ANS – through observation - it is much easier to melt a molecular solid than it is to
cause the same substance to decompose. (break up into it’s elements)
When water is heated from –4°C to 104°C it changes state from a solid, to a
liquid, and then to a gas, but it does not decompose to oxygen and hydrogen.
The energy added in the form of heat is sufficient to overcome the intermolecular
forces between the molecules, but not the covalent bonds between the atoms.
Adding a relatively small amount of heat will cause a solid molecular compound to
change state from a solid to a liquid, and then to a gas, but it takes much more
energy to break the covalent bonds between the atoms in the compound.
Types of Intermolecular Forces
• there are three kinds of intermolecular forces, each with different strengths.
• two of these are classified as van der Waals forces (in honour of Johannes
van der Waals): dipole–dipole forces and London dispersion forces.

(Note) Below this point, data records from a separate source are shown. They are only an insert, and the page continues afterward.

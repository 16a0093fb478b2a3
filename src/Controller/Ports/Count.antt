-- ===== src/Controller/Ports/Count.antt =====
-- How often each name stands in the reconciled list of ports.
use application_controller.Common.{
  String, Bool, true, false, ◌&&◌, ◌||◌, Option, none, some, is_some, List, [], ◌∷◌, ◌++◌, GoMap,
  lookup, insert, string_eq, ◌==◌, eq_iff, ◌≡◌, refl, arith, if◌then◌else◌, lookup-insert, ℕ, ◌+◌,
  ◌≤◌,
}
use application_controller.Kube.{ServicePort}
use application_controller.Controller.Ports.{
  by_name, adopt_one, adopt_actual, append_new, reconcile_ports, adopt_service_port,
  reconcile_service_ports,
}

module _ {P : Type 0} (name_of : P → String) where
  abbrev pub count : String → List P → ℕ
  count n [] = 0
  count n (p ∷ ps) = (if name_of p == n then 1 else 0) + count n ps

  -- Every name occurs once at most.
  abbrev pub IsDistinct : List P → Type 0
  IsDistinct ps = (n : String) → count n ps ≤ 1

  count-append : (n : String) (xs ys : List P) → count n (xs ++ ys) ≡ count n xs + count n ys
  count-append n [] ys = omega arith
  count-append n (x ∷ xs) ys = omega (arith, count-append n xs ys)

  abbrev saw : Option Bool → Bool
  saw (some true) = true
  saw _ = false

  abbrev has : String → List P → Bool
  has n [] = false
  has n (p ∷ ps) = name_of p == n || has n ps

  count-has : (n : String) (ps : List P) → has n ps ≡ false → count n ps ≡ 0
  count-has n [] h = refl
  count-has n (p ∷ ps) h = ground (arith, count-has n ps)

  count_pos : (n : String) (ps : List P) → has n ps ≡ true → 1 ≤ count n ps
  count_pos n [] h = cc
  count_pos n (p ∷ ps) h = ground (arith, count_pos n ps)

  module _ (adopt : P → P → P)
      (keeps_name : (got want : P) → name_of (adopt got want) ≡ name_of got) where
    is_some-by_name :
        (n : String) (ps : List P) (m : GoMap String P)
        → is_some (lookup n (by_name name_of adopt m ps)) ≡ (has n ps || is_some (lookup n m))
    unfolding by_name
    is_some-by_name n [] m = refl
    is_some-by_name n (p ∷ ps) m =
        ground
          (arith, is_some-by_name n ps (insert (name_of p) p m), lookup-insert (name_of p) n p m)

    count-adopt_one :
        (n : String) (desired : GoMap String P) (got : P) (o : Option P)
        (acc : List P × GoMap String Bool)
        → lookup (name_of got) desired ≡ o
        → count n (adopt_one name_of adopt got o acc).0
          ≡ count n acc.0 + (if is_some (lookup n desired) then count n (got ∷ []) else 0)
    unfolding adopt_one
    count-adopt_one n desired got none acc h = ground (arith, eq_iff (name_of got) n)
    count-adopt_one n desired got (some want) acc h = ground (
      arith,
      eq_iff (name_of got) n,
      count-append n acc.0 (adopt got want ∷ []),
      keeps_name got want,
    )

    count-adopt_actual :
        (n : String) (desired : GoMap String P) (actual : List P) (acc : List P × GoMap String Bool)
        → count n (adopt_actual name_of adopt desired actual acc).0
          ≡ count n acc.0 + (if is_some (lookup n desired) then count n actual else 0)
    unfolding adopt_actual
    count-adopt_actual n desired [] acc = ground arith
    count-adopt_actual n desired (got ∷ actual) acc = ground (
      arith,
      count-adopt_actual n desired actual
          (adopt_one name_of adopt got (lookup (name_of got) desired) acc),
      count-adopt_one n desired got (lookup (name_of got) desired) acc,
    )

    seen-adopt_one :
        (n : String) (desired : GoMap String P) (got : P) (o : Option P)
        (acc : List P × GoMap String Bool)
        → lookup (name_of got) desired ≡ o
        → saw (lookup n (adopt_one name_of adopt got o acc).1)
          ≡ (saw (lookup n acc.1) || (is_some (lookup n desired) && name_of got == n))
    unfolding adopt_one
    seen-adopt_one n desired got none acc h = ground (arith, eq_iff (name_of got) n)
    seen-adopt_one n desired got (some want) acc h =
        ground (arith, eq_iff (name_of got) n, lookup-insert (name_of got) n true acc.1)

    seen-adopt_actual :
        (n : String) (desired : GoMap String P) (actual : List P) (acc : List P × GoMap String Bool)
        → saw (lookup n (adopt_actual name_of adopt desired actual acc).1)
          ≡ (saw (lookup n acc.1) || (is_some (lookup n desired) && has n actual))
    unfolding adopt_actual
    seen-adopt_actual n desired [] acc = ground arith
    seen-adopt_actual n desired (got ∷ actual) acc = ground (
      arith,
      seen-adopt_actual n desired actual
          (adopt_one name_of adopt got (lookup (name_of got) desired) acc),
      seen-adopt_one n desired got (lookup (name_of got) desired) acc,
    )

    count-append_new :
        (n : String) (seen : GoMap String Bool) (desired result : List P)
        → count n (append_new name_of adopt seen desired result)
          ≡ count n result + (if saw (lookup n seen) then 0 else count n desired)
    unfolding append_new
    count-append_new n seen [] result = ground arith
    count-append_new n seen (want ∷ desired) result = ground (
      arith,
      eq_iff (name_of want) n,
      count-append_new n seen desired result,
      count-append_new n seen desired (result ++ want ∷ []),
      count-append n result (want ∷ []),
    )

    -- If the names of the existing ports are distinct, and those of the desired ports too, each
    -- name stands in the reconciled list as often as among the desired ports.
    pub count-reconcile_ports :
        (n : String) (actual desired : List P)
        → IsDistinct actual
        → IsDistinct desired
        → count n (reconcile_ports name_of adopt actual desired) ≡ count n desired
    unfolding reconcile_ports lookup
    count-reconcile_ports n [] desired once once' = refl
    count-reconcile_ports n (got ∷ actual) desired once once' = ground (
      arith,
      once n,
      once' n,
      is_some-by_name n desired [],
      count-has n desired,
      count_pos n desired,
      count_pos n (got ∷ actual),
      count-has n (got ∷ actual),
      count-adopt_actual n (by_name name_of adopt [] desired) (got ∷ actual) ([], []),
      seen-adopt_actual n (by_name name_of adopt [] desired) (got ∷ actual) ([], []),
      count-append_new n
          (adopt_actual name_of adopt (by_name name_of adopt [] desired) (got ∷ actual) ([], [])).1
          desired
          (adopt_actual name_of adopt (by_name name_of adopt [] desired) (got ∷ actual) ([], [])).0,
    )

-- If the existing ports of a Service have distinct names, and the desired ones too, then each name
-- stands in the reconciled list exactly as often as among the desired ports.
pub count-reconcile_service_ports :
    (n : String) (actual desired : List ServicePort)
    → IsDistinct (λ p. p.name) actual
    → IsDistinct (λ p. p.name) desired
    → count (λ p. p.name) n (reconcile_service_ports actual desired) ≡ count (λ p. p.name) n desired
unfolding reconcile_service_ports
count-reconcile_service_ports n actual desired once once' =
    count-reconcile_ports (λ p. p.name) adopt_service_port (λ got want. refl) n actual desired once
      once'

• The third intermolecular force—hydrogen bonding—is generally not grouped
with the other two.
• Dipole–dipole forces are the forces of attraction between oppositely charged
ends of polar molecules (e.g., HCl).
• The positive end of each molecule attracts the negative ends of neighbouring
molecules—rather like a weak version of ionic bonds.
• London dispersion forces, exist between all molecules—both polar and
nonpolar
• the only intermolecular forces acting between nonpolar molecules.
• they are the result of temporary displacements of the electron “cloud” around
the atoms in a molecule, resulting in extremely short-lived dipoles.
• the dipoles last for only tiny fractions of a second, the attraction is continually
being lost, so the forces are very weak.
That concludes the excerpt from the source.